§ **WORK TASK**: What is needed is every line of the data that includes the word "message". Please copy each one.

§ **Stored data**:
-- ===== src/Tests/Input.antt =====
-- Phrases, settings, commands, lines and arguments at concrete inputs.
use tiny_robotic_voice.Common.{
  ℕ, ◌+◌, ◌≤◌, ◌<◌, ◌≡◌, ◌≢◌, ◌⊎◌, ◌↔◌, inl, refl, Bool, true, false, none, some, Bytes, [], ◌∷◌,
  ◌++◌, pos, length, arith, lit, codes, eqb, replicate, if◌then◌else◌, ok, has_nul,
}
use tiny_robotic_voice.Double.{Hundredths, hundredths_double, Hundredths-HasLiterals}
use tiny_robotic_voice.Chunker.{next_chunk_bytes}
use tiny_robotic_voice.Chunker.Cuts.{IsCut}
use tiny_robotic_voice.Chunker.Bounds.{next_chunk_bytes-IsCut, next_chunk_bytes-pos}
use tiny_robotic_voice.Voice.{
  settings_in_range, known_model, apply_to_preset, VoiceSettings, VoiceSettingsPatch, no_patch,
  default_settings, apply_voice_settings_patch,
}
use tiny_robotic_voice.Voice.Range.{
  IsUsable, IsAcceptable, default_settings-IsUsable, apply_voice_settings_patch-accepts,
  apply_voice_settings_patch-IsUsable,
}
use tiny_robotic_voice.Voice.Parse.{
  known_property, check_keys, text_setting, number, validated, parse_object, AllKnown,
  parse_voice_settings_json, parse_voice_settings_json-accepted,
}
use tiny_robotic_voice.Protocol.{
  get_string, parse_typed, parse_session, parse_body, parse_seq, parse_root, finish, parse_command,
  plain,
}
use tiny_robotic_voice.Protocol.Commands.{IsWellFormed, parse_command-IsWellFormed}
use tiny_robotic_voice.Stream.{Reader, feed}
use tiny_robotic_voice.Stream.Lines.{IsBounded, IsClean, feed-IsBounded, feed-line}
use tiny_robotic_voice.Cli.{Strtod, Files, main_action}
use tiny_robotic_voice.Cli.Options.{ActsUsable, main_action-ActsUsable}
use tiny_robotic_voice.Tests.{Node, object, json_of}

-- Twenty-five letters and a full stop.
abbrev sentence : Bytes
sentence = replicate 25 b'a' ++ b'.' ∷ []

sentence-pos : next_chunk_bytes sentence true ≢ 0
sentence-pos h = omega (arith, next_chunk_bytes-pos sentence true (inl (refl, omega arith)))

next_chunk_bytes-IsCut_example :
    IsCut sentence (next_chunk_bytes sentence true)
    ⊎ ((next_chunk_bytes sentence true ≡ 180) × (180 ≤ 26))
    ⊎ ((true ≡ true) × (next_chunk_bytes sentence true ≡ 26))
next_chunk_bytes-IsCut_example = next_chunk_bytes-IsCut sentence true sentence-pos

next_chunk_bytes-pos_example : 0 < next_chunk_bytes sentence true
next_chunk_bytes-pos_example = next_chunk_bytes-pos sentence true (inl (refl, omega arith))

-- A faster voice.
abbrev faster : VoiceSettingsPatch Hundredths
faster = record (no_patch Hundredths) { speed = some (some (pos 150)) }

faster-IsAcceptable : IsAcceptable faster
faster-IsAcceptable = record {
  preset_known = tt;
  model_known = refl;
  speed_in = refl;
  pitch_in = tt;
  expression_in = tt;
  gain_in = tt;
}

apply_voice_settings_patch-accepts_example :
    ((apply_voice_settings_patch default_settings faster).1 ≡ none) ↔ IsAcceptable faster
apply_voice_settings_patch-accepts_example =
    apply_voice_settings_patch-accepts Hundredths-HasLiterals default_settings faster
      (default_settings-IsUsable Hundredths-HasLiterals)

apply_voice_settings_patch-IsUsable_example :
    IsUsable (apply_voice_settings_patch default_settings faster).0
apply_voice_settings_patch-IsUsable_example =
    apply_voice_settings_patch-IsUsable Hundredths-HasLiterals default_settings faster
      (default_settings-IsUsable Hundredths-HasLiterals)
      (apply_voice_settings_patch-accepts_example.1 faster-IsAcceptable)

-- `{"model": "rms"}`.
abbrev config : Node
config = object (lit "model" ∷ []) (λ key. if eqb key (lit "model") then some (lit "rms") else none)

abbrev rms_patch : VoiceSettingsPatch Hundredths
rms_patch = record (no_patch Hundredths) { model = some (lit "rms") }

config-parsed : parse_voice_settings_json (json_of config) (b'{' ∷ b'}' ∷ []) ≡ ok rms_patch
unfolding parse_voice_settings_json parse_object check_keys known_property text_setting number
    validated apply_voice_settings_patch apply_to_preset settings_in_range known_model has_nul eqb
    lit codes
config-parsed = refl

parse_voice_settings_json-accepted_example :
    (2 ≤ 65536)
    × ((root : Node) × (some config ≡ some root) × AllKnown ((json_of config).obj_keys root))
    × ((s : VoiceSettings Hundredths)
        → IsUsable s
        → (apply_voice_settings_patch s rms_patch).1 ≡ none)
parse_voice_settings_json-accepted_example =
    parse_voice_settings_json-accepted (json_of config) Hundredths-HasLiterals (b'{' ∷ b'}' ∷ [])
      rms_patch config-parsed

-- `{"type": "finish", "session": "a"}`.
abbrev message : Node
message = object (lit "type" ∷ lit "session" ∷ []) (λ key.
    if eqb key (lit "type")
    then some (lit "finish")
    else if eqb key (lit "session")
    then some (lit "a")
    else none)

message-parsed :
    parse_command (json_of message) (b'{' ∷ b'}' ∷ [])
    ≡ ok (plain (json_of message) finish (lit "a"))
unfolding parse_command parse_root parse_body parse_session parse_typed parse_seq get_string has_nul
    eqb lit codes
message-parsed = refl

parse_command-IsWellFormed_example :
    (2 ≤ 1048576) × IsWellFormed (plain (json_of message) finish (lit "a"))
parse_command-IsWellFormed_example =
    parse_command-IsWellFormed (json_of message) Hundredths-HasLiterals (b'{' ∷ b'}' ∷ [])
      (plain (json_of message) finish (lit "a")) message-parsed

-- A reader over a count of lines, which stops at an empty line.
abbrev count_line : Bytes → ℕ → ℕ × Bool
count_line [] n = (n, false)
count_line (c ∷ rest) n = (n + 1, true)

abbrev reader : Reader ℕ
reader = record {
  continue_reading = true;
  discarding_oversized_line = false;
  pending = [];
  target = 0;
}

reader-IsBounded : IsBounded count_line (λ n. n) reader
reader-IsBounded = ground arith

reader-IsClean : IsClean count_line (λ n. n) reader
reader-IsClean = record { reading = refl; kept = refl; empty = refl }

feed-IsBounded_example :
    IsBounded count_line (λ n. n) (feed count_line (λ n. n) (1 ∷ 10 ∷ 2 ∷ []) reader)
feed-IsBounded_example =
    feed-IsBounded count_line (λ n. n) (1 ∷ 10 ∷ 2 ∷ []) reader reader-IsBounded

feed-line_example : feed count_line (λ n. n) (1 ∷ 2 ∷ 10 ∷ []) reader ≡ record reader { target = 1 }
feed-line_example =
    feed-line count_line (λ n. n) (1 ∷ 2 ∷ []) reader ((λ h. cc), ((λ h. cc), tt)) reader-IsClean

-- `strtod` that reads every text as 1.
abbrev one : Strtod Hundredths
one = record { value = λ text. some (pos 100); used = λ text. length text; errno = λ text. 0 }

-- No file anywhere.
abbrev no_files : Files
no_files = record { exists = λ path. ok false; file_size = λ path. none; contents = λ path. none }

main_action-ActsUsable_example :
    ActsUsable
      (json_of config)
      no_files
      Hundredths-HasLiterals
      (main_action (json_of config) no_files one (lit "say" ∷ lit "hello" ∷ []))
main_action-ActsUsable_example =
    main_action-ActsUsable (json_of config) no_files Hundredths-HasLiterals one
      (lit "say" ∷ lit "hello" ∷ [])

§ **SOLUTION**:
abbrev message : Node
message = object (lit "type" ∷ lit "session" ∷ []) (λ key.
message-parsed :
    parse_command (json_of message) (b'{' ∷ b'}' ∷ [])
    ≡ ok (plain (json_of message) finish (lit "a"))
message-parsed = refl
    (2 ≤ 1048576) × IsWellFormed (plain (json_of message) finish (lit "a"))
    parse_command-IsWellFormed (json_of message) Hundredths-HasLiterals (b'{' ∷ b'}' ∷ [])
      (plain (json_of message) finish (lit "a")) message-parsed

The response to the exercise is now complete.